Vaxart Announces Positive Preliminary Topline Data from Dose-Ranging Phase 2 Study of its Bivalent Norovirus Vaccine Candidate
Met all primary endpoints: Vaccine was well-tolerated with robust immunogenicity
Continue to expect topline data from Phase 2 GI.1 challenge study in Q3 2023
SOUTH SAN FRANCISCO, Calif., July 06, 2023 (GLOBE NEWSWIRE) -- Vaxart, Inc. (Nasdaq: VXRT) today announced positive topline data from the dose-ranging Phase 2 clinical trial of its oral pill bivalent norovirus vaccine candidate.

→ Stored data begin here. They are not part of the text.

-- ===== src/Database.antt =====
-- The database access of `src/ai/db_access.py`.
pub mod Bind
pub mod Cells
pub mod Rows
pub mod Connection
pub mod Queries
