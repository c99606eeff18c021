-- ===== src/Database/Bind.antt =====
-- Values in SQL texts (`_bind_params`).
pub mod Literals
pub mod Counts
use somethingremotelygood.Base.{
  ℕ, ◌+◌, ◌-◌, ◌/◌, ◌%◌, Bool, true, false, List, [], ◌∷◌, ◌++◌, Bytes, codes, Result, ok, raised,
  stop_iteration, ltb, ◌==◌, if◌then◌else◌,
}
use somethingremotelygood.Base.Results.{◌>>=◌}

-- A parameter by the tests of its type; a number is held as its `str(val)`.
pub data Value : Type 0 where
  null : Value
  number : Bytes → Value
  blob : Bytes → Value
  text : Bytes → Value

abbrev pub quote : ℕ
quote = 39

abbrev pub mark : ℕ
mark = b'?'

-- `val.hex()`
abbrev hex_char : ℕ → ℕ
hex_char n = if ltb n 10 then b'0' + n else b'a' + (n - 10)

abbrev hex : Bytes → Bytes
hex [] = []
hex (b ∷ s) = hex_char (b / 16) ∷ hex_char (b % 16) ∷ hex s

-- `.replace("'", "''")`
unfoldable pub escape : Bytes → Bytes
escape [] = []
escape (c ∷ s) = let rest = escape s in if c == quote then quote ∷ quote ∷ rest else c ∷ rest

unfoldable pub literal : Value → Bytes
unfolding escape
literal null = codes "NULL"
literal (number s) = s
literal (blob s) = codes "X'" ++ (hex s ++ codes "'")
literal (text s) = quote ∷ (escape s ++ (quote ∷ []))

-- `next(param_iter)` at each mark; without a parameter left it raises
unfoldable pub bind_params : Bytes → List Value → Result Bytes
unfolding literal
bind_params [] params = ok []
bind_params (c ∷ sql) params = elim (c == mark) [
  | false ↦ (do rest ← bind_params sql params; ok (c ∷ rest))
  | true ↦ elim params [
    | [] ↦ raised stop_iteration
    | v ∷ vs ↦ (do rest ← bind_params sql vs; ok (literal v ++ rest))
  ]
]
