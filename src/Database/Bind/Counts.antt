-- ===== src/Database/Bind/Counts.antt =====
-- As many parameters as marks.
use somethingremotelygood.Base.{
  ℕ, suc, ◌≤◌, ◌<◌, true, false, List, [], ◌∷◌, ◌++◌, Bytes, length, ok, raised, stop_iteration,
  ◌≡◌, refl, arith, ◌==◌, Bool-cases, inl, inr, if◌then◌else◌,
}
use somethingremotelygood.Database.Bind.{Value, mark, literal, bind_params}

-- The number of marks in a text.
unfoldable pub marks : Bytes → ℕ
marks [] = 0
marks (c ∷ sql) = let n = marks sql in if c == mark then suc n else n

module _ (c : ℕ) (sql : Bytes) where
  pub bind_params_taken :
      (v : Value) (vs : List Value) (b : Bytes)
      → c == mark ≡ true
      → bind_params sql vs ≡ ok b
      → bind_params (c ∷ sql) (v ∷ vs) ≡ ok (literal v ++ b)
  unfolding bind_params
  bind_params_taken v vs b e q = rw (e, bind_params) (rw q refl)

  pub bind_params_kept :
      (vs : List Value) (b : Bytes)
      → c == mark ≡ false
      → bind_params sql vs ≡ ok b
      → bind_params (c ∷ sql) vs ≡ ok (c ∷ b)
  unfolding bind_params
  bind_params_kept vs b e q = rw (e, bind_params) (rw q refl)

  bind_params_none : c == mark ≡ true → bind_params (c ∷ sql) [] ≡ raised stop_iteration
  unfolding bind_params
  bind_params_none e = rw (e, bind_params) refl

  bind_params_taken_raised :
      (v : Value) (vs : List Value)
      → c == mark ≡ true
      → bind_params sql vs ≡ raised stop_iteration
      → bind_params (c ∷ sql) (v ∷ vs) ≡ raised stop_iteration
  unfolding bind_params
  bind_params_taken_raised v vs e q = rw (e, bind_params) (rw q refl)

  bind_params_kept_raised :
      (vs : List Value)
      → c == mark ≡ false
      → bind_params sql vs ≡ raised stop_iteration
      → bind_params (c ∷ sql) vs ≡ raised stop_iteration
  unfolding bind_params
  bind_params_kept_raised vs e q = rw (e, bind_params) (rw q refl)

  pub marks_taken : c == mark ≡ true → marks (c ∷ sql) ≡ suc (marks sql)
  unfolding marks
  marks_taken e = rw e refl

  pub marks_kept : c == mark ≡ false → marks (c ∷ sql) ≡ marks sql
  unfolding marks
  marks_kept e = rw e refl

-- Binding gives a text if there are as many parameters as marks or more, and raises StopIteration
-- if there are fewer.
pub bind_params-marks :
    (sql : Bytes) (params : List Value)
    → (marks sql ≤ length params → (b : Bytes) × (bind_params sql params ≡ ok b))
      × (length params < marks sql → bind_params sql params ≡ raised stop_iteration)
bind_params-marks [] params =
    (λ h. ([], unfold bind_params in refl), λ h. absurd (unfold marks in omega arith))
bind_params-marks (c ∷ sql) [] = elim (Bool-cases (c == mark)) [
  | inl e ↦ rw (marks_taken c sql e) (λ h. absurd (omega arith), λ h. bind_params_none c sql e)
  | inr e ↦ rw (marks_kept c sql e) (
    λ h. let (b, q) = (bind_params-marks sql []).0 h in (c ∷ b, bind_params_kept c sql [] b e q),
    λ h. bind_params_kept_raised c sql [] e ((bind_params-marks sql []).1 h),
  )
]
bind_params-marks (c ∷ sql) (v ∷ vs) = elim (Bool-cases (c == mark)) [
  | inl e ↦ rw (marks_taken c sql e) (
    λ h.
        let (b, q) = (bind_params-marks sql vs).0 (omega arith) in
        (literal v ++ b, bind_params_taken c sql v vs b e q),
    λ h. bind_params_taken_raised c sql v vs e ((bind_params-marks sql vs).1 (omega arith)),
  )
  | inr e ↦ rw (marks_kept c sql e) (
    λ h.
        let (b, q) = (bind_params-marks sql (v ∷ vs)).0 h in
        (c ∷ b, bind_params_kept c sql (v ∷ vs) b e q),
    λ h. bind_params_kept_raised c sql (v ∷ vs) e ((bind_params-marks sql (v ∷ vs)).1 h),
  )
]
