-- ===== src/Database/Bind/Literals.antt =====
-- No value leaves its literal: a reader of SQL texts finds the values again.
use somethingremotelygood.Base.{
  ℕ, Bool, true, false, ◌&&◌, ◌||◌, not, Option, none, some, List, [], ◌∷◌, ◌++◌, Bytes, length,
  map, ok, append_assoc, ◌≡◌, refl, ap, arith, ◌==◌, Bool-cases, inl, inr, if◌then◌else◌,
}
use somethingremotelygood.Database.Bind.{text, literal, quote, mark, escape, literal, bind_params}
use somethingremotelygood.Database.Bind.Counts.{
  marks, marks_taken, marks_kept, bind_params_taken, bind_params_kept,
}

abbrev put : ℕ → Option (Bytes × Bytes) → Option (Bytes × Bytes)
put c none = none
put c (some (s, rest)) = some (c ∷ s, rest)

-- A string literal as SQL reads it, behind the opening quote: two quotes stand for one, and a
-- single quote ends it. `true`: a quote was just seen.
unfoldable pub read_string : Bool → Bytes → Option (Bytes × Bytes)
read_string false [] = none
read_string true [] = some ([], [])
read_string false (c ∷ s) = if c == quote then read_string true s else put c (read_string false s)
read_string true (c ∷ s) = if c == quote then put quote (read_string false s) else some ([], c ∷ s)

-- The text does not begin with a quote.
abbrev unquoted : Bytes → Bool
unquoted [] = true
unquoted (c ∷ s) = not (c == quote)

read_end : (rest : Bytes) → unquoted rest ≡ true → read_string true rest ≡ some ([], rest)
unfolding read_string
read_end [] h = refl
read_end (c ∷ rest) h = ground arith

-- The literal of a text reads as that text.
pub read_string-escape :
    (s rest : Bytes)
    → unquoted rest ≡ true
    → read_string false (escape s ++ (quote ∷ rest)) ≡ some (s, rest)
unfolding escape read_string
read_string-escape [] rest h = read_end rest h
read_string-escape (c ∷ s) rest h = elim (Bool-cases (c == quote)) [
  | inl e ↦ rw e (rw (eq_quote c e) (ap (put quote) (read_string-escape s rest h)))
  | inr e ↦ rw e (rw e (ap (put c) (read_string-escape s rest h)))
]
  where
    eq_quote : (c : ℕ) → c == quote ≡ true → c ≡ quote
    eq_quote c e = ground arith

-- The values in a text that follows a template: at each mark of the template stands a string
-- literal, and every other character is the template's.
abbrev add : Bytes → Option (List Bytes) → Option (List Bytes)
add v none = none
add v (some vs) = some (v ∷ vs)

unfoldable pub read_values : Bytes → Bytes → Option (List Bytes)
unfolding read_string
read_values [] [] = some []
read_values [] (d ∷ s) = none
read_values (c ∷ sql) [] = none
read_values (c ∷ sql) (d ∷ s) = elim (c == mark) [
  | false ↦ if d == c then read_values sql s else none
  | true ↦ elim (d == quote) [
    | false ↦ none
    | true ↦ elim (read_string false s) [ none ↦ none | some r ↦ add r.0 (read_values sql r.1) ]
  ]
]

-- Between two marks there is another character, and no quote stands behind a mark.
abbrev plain_start : Bytes → Bool
plain_start [] = true
plain_start (c ∷ s) = not (c == quote) && not (c == mark)

abbrev pub spaced : Bytes → Bool
spaced [] = true
spaced (c ∷ s) = (not (c == mark) || plain_start s) && spaced s

-- A bound text, with what is read in it.
pub record IsBound (sql : Bytes) (vals : List Bytes) : Type 0 where
  pub bound : Bytes
  pub binds : bind_params sql (map text vals) ≡ ok bound
  pub reads : read_values sql bound ≡ some vals
  pub starts : plain_start sql ≡ true → unquoted bound ≡ true

read_values_taken :
    (c : ℕ) (sql v b : Bytes) (vs : List Bytes)
    → c == mark ≡ true
    → unquoted b ≡ true
    → read_values sql b ≡ some vs
    → read_values (c ∷ sql) (literal (text v) ++ b) ≡ some (v ∷ vs)
unfolding read_values literal
read_values_taken c sql v b vs e u q =
    rw (e, read_values)
      (rw (append_assoc (escape v) (quote ∷ []) b, read_string-escape v b u) (ap (add v) q))

same_char : (c : ℕ) → c == c ≡ true
same_char c = ground arith

read_values_kept :
    (c : ℕ) (sql b : Bytes) (vs : List Bytes)
    → c == mark ≡ false
    → read_values sql b ≡ some vs
    → read_values (c ∷ sql) (c ∷ b) ≡ some vs
unfolding read_values
read_values_kept c sql b vs e q = rw (e, same_char c, read_values) q

at_mark :
    (c : ℕ) (sql v : Bytes) (vs : List Bytes)
    → c == mark ≡ true
    → spaced (c ∷ sql) ≡ true
    → IsBound sql vs
    → IsBound (c ∷ sql) (v ∷ vs)
at_mark c sql v vs e sp h = record {
  bound = literal (text v) ++ h.bound;
  binds = bind_params_taken c sql (text v) (map text vs) h.bound e h.binds;
  reads = read_values_taken c sql v h.bound vs e (h.starts (ground arith)) h.reads;
  starts = λ s. ground arith;
}

at_other :
    (c : ℕ) (sql : Bytes) (vs : List Bytes)
    → c == mark ≡ false
    → IsBound sql vs
    → IsBound (c ∷ sql) vs
at_other c sql vs e h = record {
  bound = c ∷ h.bound;
  binds = bind_params_kept c sql (map text vs) h.bound e h.binds;
  reads = read_values_kept c sql h.bound vs e h.reads;
  starts = λ s. ground arith;
}

rest_spaced : (c : ℕ) (sql : Bytes) → spaced (c ∷ sql) ≡ true → spaced sql ≡ true
rest_spaced c sql h = ground arith

bind_IsBound :
    (sql : Bytes) (vals : List Bytes)
    → spaced sql ≡ true
    → marks sql ≡ length vals
    → IsBound sql vals
bind_IsBound [] [] sp n = record {
  bound = [];
  binds = unfold bind_params in refl;
  reads = unfold read_values in refl;
  starts = λ s. refl;
}
bind_IsBound [] (v ∷ vs) sp n = absurd (unfold marks in omega arith)
bind_IsBound (c ∷ sql) [] sp n = elim (Bool-cases (c == mark)) [
  | inl e ↦ absurd (omega (arith, marks_taken c sql e))
  | inr e ↦
      at_other c sql [] e
        (bind_IsBound sql [] (rest_spaced c sql sp) (omega (arith, marks_kept c sql e)))
]
bind_IsBound (c ∷ sql) (v ∷ vs) sp n = elim (Bool-cases (c == mark)) [
  | inl e ↦
      at_mark c sql v vs e sp
        (bind_IsBound sql vs (rest_spaced c sql sp) (omega (arith, marks_taken c sql e)))
  | inr e ↦
      at_other c sql (v ∷ vs) e
        (bind_IsBound sql (v ∷ vs) (rest_spaced c sql sp) (omega (arith, marks_kept c sql e)))
]

-- Text values bound into a template with as many marks, in which something other than a mark or a
-- quote stands behind each mark, are read back by a reader of SQL string literals, each at its mark,
-- whatever characters they have.
pub bind_params-values :
    (sql : Bytes) (vals : List Bytes)
    → spaced sql ≡ true
    → marks sql ≡ length vals
    → (bound : Bytes) × (bind_params sql (map text vals) ≡ ok bound)
      × (read_values sql bound ≡ some vals)
bind_params-values sql vals sp n = let h = bind_IsBound sql vals sp n in (h.bound, h.binds, h.reads)
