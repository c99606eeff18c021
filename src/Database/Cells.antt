-- ===== src/Database/Cells.antt =====
-- The fields of a row that sqlcipher prints, as Python values (`execute`): an integer, a float, or
-- the text itself.
pub mod Numbers
use somethingremotelygood.Base.{
  ℕ, zero, suc, ◌+◌, ◌-◌, ◌*◌, Bool, true, false, ◌&&◌, ◌||◌, Option, none, some, List, [], ◌∷◌,
  ◌++◌, Bytes, codes, leb, ltb, ◌==◌, map, if◌then◌else◌,
}
use somethingremotelygood.Base.Texts.{strip, strip_right, newline, split_lines, split}
use somethingremotelygood.Sanitizer.Regex.{
  Regex, empty, char, seq, alt, star, optional, nullable, derive,
}

-- A float is held as its text.
pub data Cell : Type 0 where
  positive : ℕ → Cell
  negative : ℕ → Cell
  real : Bytes → Cell
  text : Bytes → Cell

abbrev pub is_digit : ℕ → Bool
is_digit c = leb b'0' c && leb c b'9'

abbrev underscore : ℕ
underscore = 95

-- The digits of `int(val)`, with single underscores between them; `true`: the last was a digit.
unfoldable pub read_digits : ℕ → Bool → Bytes → Option ℕ
read_digits n seen [] = if seen then some n else none
read_digits n seen (c ∷ s) =
    let digit = read_digits (n * 10 + (c - b'0')) true s in
    let rest = read_digits n false s in
    if is_digit c then digit else if c == underscore && seen then rest else none

abbrev minus : ℕ → Cell
minus zero = Cell.positive zero
minus (suc n) = Cell.negative (suc n)

abbrev pub signed : (ℕ → Cell) → Option ℕ → Option Cell
signed f none = none
signed f (some n) = some (f n)

abbrev pub from_sign : Bytes → Option Cell
from_sign [] = none
from_sign (c ∷ s) =
    if c == b'-'
    then signed minus (read_digits 0 false s)
    else if c == b'+'
    then signed positive (read_digits 0 false s)
    else signed positive (read_digits 0 false (c ∷ s))

abbrev pub digits_in : Bytes → ℕ
digits_in [] = 0
digits_in (c ∷ s) = (if is_digit c then 1 else 0) + digits_in s

-- `sys.int_info.default_max_str_digits`
abbrev pub max_digits : ℕ
max_digits = 4300

-- `int(val)`; `none` is its ValueError, which is also raised for more than 4300 digits
unfoldable pub int_of : Bytes → Option Cell
unfolding read_digits strip
int_of val = if ltb max_digits (digits_in (strip val)) then none else from_sign (strip val)

abbrev one : ℕ → Regex
one c = char (λ d. d == c)

-- a letter in either case
abbrev letters : Bytes → Regex
letters [] = empty
letters (c ∷ s) = seq (char (λ d. d == c || d + 32 == c)) (letters s)

abbrev digit_run : Regex
digit_run = seq (char is_digit) (star (alt (char is_digit) (seq (one underscore) (char is_digit))))

abbrev sign : Regex
unfolding optional
sign = optional (alt (one b'+') (one b'-'))

abbrev exponent : Regex
unfolding optional
exponent = optional (seq (alt (one b'e') (one b'E')) (seq sign digit_run))

-- The texts that `float` reads, without the white space around them.
unfoldable pub float_syntax : Regex
unfolding optional
float_syntax = seq sign (
    alt
      (alt (seq digit_run (seq (optional (seq (one b'.') (optional digit_run))) exponent))
        (seq (one b'.') (seq digit_run exponent)))
      (alt (letters (codes "inf")) (alt (letters (codes "infinity")) (letters (codes "nan")))))

-- Does the whole text match?
unfoldable pub match_whole : Regex → Bytes → Bool
unfolding derive nullable
match_whole r [] = nullable r
match_whole r (c ∷ s) = match_whole (derive c r) s

unfoldable pub convert : Bytes → Cell
unfolding int_of float_syntax match_whole strip
convert val = elim (int_of val) [
  | some n ↦ n
  | none ↦ if match_whole float_syntax (strip val) then real val else text val
]

-- `_SEP`
abbrev pub separator : Bytes
separator = codes "||<SEP>||"

-- the loop over the lines: an empty line is skipped
unfoldable pub rows_of : List Bytes → List (List Cell)
unfolding convert split
rows_of [] = []
rows_of ([] ∷ lines) = rows_of lines
rows_of ((c ∷ s) ∷ lines) = map convert (split separator (c ∷ s)) ∷ rows_of lines

-- what `execute` makes of the output
unfoldable pub read_rows : Bytes → List (List Cell)
unfolding rows_of strip strip_right split_lines
read_rows output = elim (strip output) [
  | [] ↦ []
  | c ∷ s ↦ rows_of (split_lines (strip_right (λ d. d == newline) output))
]
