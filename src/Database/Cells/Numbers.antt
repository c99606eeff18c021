-- ===== src/Database/Cells/Numbers.antt =====
-- What becomes of a text that looks like a number.
use somethingremotelygood.Base.{
  ℕ, ◌+◌, ◌-◌, ◌*◌, ◌≤◌, ◌<◌, ltb, length, true, false, some, [], ◌∷◌, Bytes, All, ◌≡◌, ◌≢◌, refl,
  sym, ◌∙◌, arith,
}
use somethingremotelygood.Base.Texts.{is_space, strip, strip_left, strip_right}
use somethingremotelygood.Database.Cells.{
  positive, read_digits, digits_in, max_digits, int_of, from_sign, convert,
}

abbrev pub IsDigit : ℕ → Type 0
IsDigit c = (b'0' ≤ c) × (c ≤ b'9')

-- The number that digits stand for.
abbrev pub digits_value : ℕ → Bytes → ℕ
digits_value n [] = n
digits_value n (c ∷ s) = digits_value (n * 10 + (c - b'0')) s

IsDigit-is_space : (c : ℕ) → IsDigit c → is_space c ≡ false
unfolding is_space
IsDigit-is_space c h = ground arith

strip_right-digits : (s : Bytes) → All IsDigit s → strip_right is_space s ≡ s
unfolding strip_right
strip_right-digits [] h = refl
strip_right-digits (c ∷ []) h = rw (IsDigit-is_space c h.0) refl
strip_right-digits (c ∷ d ∷ s) h = rw (strip_right-digits (d ∷ s) h.1) refl

strip-digits : (s : Bytes) → All IsDigit s → strip s ≡ s
unfolding strip
strip-digits [] h = refl
strip-digits (c ∷ s) h = rw (strip_right-digits (c ∷ s) h) (head_stays c s h.0)
  where
    head_stays : (c : ℕ) (s : Bytes) → IsDigit c → strip_left is_space (c ∷ s) ≡ c ∷ s
    head_stays c s d = unfold strip_left in rw (IsDigit-is_space c d) refl

read_digits-value :
    (n : ℕ) (s : Bytes) → All IsDigit s → read_digits n true s ≡ some (digits_value n s)
unfolding read_digits
read_digits-value n [] h = refl
read_digits-value n (c ∷ s) h = ground (arith, read_digits-value (n * 10 + (c - b'0')) s h.1)

read_digits-first :
    (n c : ℕ) (s : Bytes)
    → IsDigit c
    → All IsDigit s
    → read_digits n false (c ∷ s) ≡ some (digits_value n (c ∷ s))
unfolding read_digits
read_digits-first n c s d h = ground (arith, read_digits-value (n * 10 + (c - b'0')) s h)

digits_in_short : (s : Bytes) → digits_in s ≤ length s
digits_in_short [] = omega arith
digits_in_short (c ∷ s) = ground (arith, digits_in_short s)

from_sign-digits :
    (c : ℕ) (s : Bytes)
    → IsDigit c
    → All IsDigit s
    → from_sign (c ∷ s) ≡ some (positive (digits_value 0 (c ∷ s)))
from_sign-digits c s d h = ground (arith, read_digits-first 0 c s d h)

int_of-digits :
    (c : ℕ) (s : Bytes)
    → IsDigit c
    → All IsDigit s
    → length (c ∷ s) ≤ max_digits
    → int_of (c ∷ s) ≡ some (positive (digits_value 0 (c ∷ s)))
unfolding int_of
int_of-digits c s d h short =
    let few : ltb max_digits (digits_in (c ∷ s)) ≡ false =
      ground (arith, digits_in_short (c ∷ s)) in
    rw (strip-digits (c ∷ s) (d, h), few) (from_sign-digits c s d h)

-- A field of fewer than 4300 digits comes back as the number that they stand for, not as a text, so
-- that leading zeros are lost: with and without one the field is the same value.
pub convert-digits :
    (s : Bytes)
    → s ≢ []
    → All IsDigit s
    → length s < max_digits
    → (convert s ≡ positive (digits_value 0 s)) × (convert (b'0' ∷ s) ≡ convert s)
unfolding convert
convert-digits [] ne h short = absurd (ne refl)
convert-digits (c ∷ s) ne h short = (plain, zero_first ∙ sym plain)
  where
    plain : convert (c ∷ s) ≡ positive (digits_value 0 (c ∷ s))
    plain = rw (int_of-digits c s h.0 h.1 (omega arith), convert) refl

    zero_first : convert (b'0' ∷ c ∷ s) ≡ positive (digits_value 0 (c ∷ s))
    zero_first =
        rw (int_of-digits b'0' (c ∷ s) (omega arith, omega arith) h (omega arith), convert) refl
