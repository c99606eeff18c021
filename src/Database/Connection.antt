-- ===== src/Database/Connection.antt =====
-- Connections to the database (`SQLCipherConnection`, `get_connection`). A connection is an object
-- with a flag, numbered in the order of creation; the sqlcipher program is a parameter.
pub mod Tidy
use somethingremotelygood.Base.{
  ℕ, zero, suc, ◌+◌, Bool, true, false, Option, none, some, List, [], ◌∷◌, ◌++◌, Bytes, codes,
  Result, ok, raised, stuck, runtime_error, Exec, ◌==◌, if◌then◌else◌,
}
use somethingremotelygood.Base.Texts.{strip, strip_right, splitlines}
use somethingremotelygood.Base.Effects.{pure, raise, lift, gets, modify, ◌>>=◌, ◌>>◌}
use somethingremotelygood.Database.Bind.{Value, bind_params}
use somethingremotelygood.Database.Cells.{Cell, separator, int_of, read_rows}

-- What `subprocess.run` returns.
pub record Output : Type 0 where
  pub returncode_zero : Bool
  pub stdout : Bytes

-- The program sqlcipher with the database file, as a call that may raise.
pub record Sqlcipher : Type 1 where
  pub World : Type 0
  pub password : Bytes
  pub run_program : Bytes → Exec World Output

-- `closed n` is the flag of connection `n`; those from `created` on are not there yet.
pub record Store (q : Sqlcipher) : Type 0 where
  pub world : q.World
  pub created : ℕ
  pub closed : ℕ → Bool

abbrev pub set_flag : (ℕ → Bool) → ℕ → Bool → ℕ → Bool
set_flag f c b = λ n. if n == c then b else f n

-- `try: m  finally: clean` where `clean` returns
abbrev restored {ℓ} : {S A : Type ℓ} → (S → S) → Result A × S → Result A × S
restored clean (r, s) = (r, clean s)

abbrev pub finally {ℓ} : {S A : Type ℓ} → Exec S A → (S → S) → Exec S A
finally m clean s = restored clean (m s)

-- `sql.rstrip(";")`
unfoldable pub no_semicolons : Bytes → Bytes
unfolding strip_right
no_semicolons sql = strip_right (λ c. c == b';') sql

unfoldable pub commands : Bytes → Bytes → Bytes
unfolding no_semicolons
commands password sql =
    codes ".headers off\n.separator \""
    ++ (separator
        ++ (codes "\"\n.output /dev/null\nPRAGMA key=\""
            ++ (password
                ++ (codes "\";\nSELECT count(*) FROM sqlite_master;\n.output stdout\n"
                    ++ (no_semicolons sql ++ codes ";\n")))))

-- `if params: sql = self._bind_params(sql, params)`
abbrev pub bound : Bytes → List Value → Result Bytes
bound sql [] = ok sql
bound sql (v ∷ vs) = bind_params sql (v ∷ vs)

-- The first line that is a number, as the id of the row.
unfoldable pub first_id : List Bytes → Option Cell
unfolding int_of strip
first_id [] = none
first_id (line ∷ lines) = elim (strip line) [
  | [] ↦ first_id lines
  | c ∷ s ↦ elim (int_of (c ∷ s)) [ some n ↦ some n | none ↦ first_id lines ]
]

module _ {q : Sqlcipher} where
  -- `SQLCipherConnection()`
  unfoldable pub new_connection : Exec (Store q) ℕ
  new_connection s = (
    ok s.created,
    record s { created = suc s.created; closed = set_flag s.closed s.created false },
  )

  -- `close`
  abbrev pub close : ℕ → Store q → Store q
  close c s = record s { closed = set_flag s.closed c true }

  -- A call of the program.
  abbrev pub call_program : Bytes → Exec (Store q) Output
  call_program input s = let (r, w) = q.run_program input s.world in (r, record s { world = w })

  -- `_run`
  unfoldable pub run_sql : ℕ → Bytes → Exec (Store q) Bytes
  unfolding commands
  run_sql c sql s =
      if s.closed c
      then (raised runtime_error, s)
      else (do
        result ← call_program (commands q.password sql)
        if result.returncode_zero then pure result.stdout else raise runtime_error)
          s

  unfoldable pub execute : ℕ → Bytes → List Value → Exec (Store q) (List (List Cell))
  unfolding run_sql read_rows
  execute c sql params = do
    text ← lift (bound sql params)
    output ← run_sql c text
    pure (read_rows output)

  unfoldable pub execute_insert : ℕ → Bytes → List Value → Exec (Store q) (Option Cell)
  unfolding run_sql first_id no_semicolons splitlines strip
  execute_insert c sql params = do
    text ← lift (bound sql params)
    output ← run_sql c (no_semicolons text ++ codes ";\nSELECT last_insert_rowid();")
    pure (first_id (splitlines (strip output)))

  unfoldable pub execute_update : ℕ → Bytes → List Value → Exec (Store q) (Unit {0})
  unfolding run_sql
  execute_update c sql params = do text ← lift (bound sql params); run_sql c text; pure tt

  -- `get_connection`
  unfoldable pub get_connection : Exec (Store q) ℕ
  unfolding new_connection execute
  get_connection = do
    c ← new_connection
    rows ← execute c (codes "SELECT count(*) FROM sqlite_master") []
    elim rows [ [] ↦ raise runtime_error | r ∷ rs ↦ pure c ]

  -- `own_conn`: without a connection the body has one of its own, which is closed at the end.
  unfoldable pub with_connection :
      {A : Type 0} → Option ℕ → (ℕ → Exec (Store q) A) → Exec (Store q) A
  unfolding get_connection
  with_connection (some c) body = body c
  with_connection none body = do c ← get_connection; finally (body c) (close c)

Preliminary results of the trial (NCT05626803) showed robust serum immune responses across all doses at Day 29 relative to Day 1. Both doses showed a similar increase in serum antibody responses with no statistical difference between the medium and high dose arms. At Day 29, increases in serum IgA, IgG, and BT50, for both the GII.4 and GI.1 strains in the vaccine arms, were similar to those seen in previous norovirus studies conducted by Vaxart. Mucosal and cell-based assay data will be available at a later date.
Mean Fold Rise Summary (Day 1 to Day 29) Preliminary Data
G1.1 | GII.4 | |||||
Serum antibodies | IgA | IgG | BT50 | IgA | IgG | BT50 |
Medium Dose (n=50) | 5.9 | 4.8 | 3.0 | 9.3 | 6.1 | 4.3 |
High Dose (n=59) | 6.4 | 4.2 | 2.3 | 8.6 | 5.1 | 7.8 |
Placebo (n=25) | 1.0 | 1.0 | 1.1 | 1.1* | 1.0 | 1.0* |
*excluding subject with confirmed gastroenteritis. | ||||||
Results from this Phase 2 dose-ranging study also demonstrated that the bivalent norovirus vaccine candidate was well tolerated, with a favorable safety profile that included no vaccine-related
serious adverse events (SAEs) and no dose limiting toxicity. Adverse event rates for both doses were similar to placebo.
“Topline data reported today further validate the potential of our norovirus vaccine candidate and, more broadly, our oral vaccine platform,” said Dr. James F. Cummings, Vaxart’s Chief Medical Officer. “These data, additional forthcoming data from this study, and the data we expect from our norovirus challenge study will help inform our selection of dosage levels in a larger Phase 2b study and support an End-of-Phase 2 meeting with the U.S. Food and Drug Administration.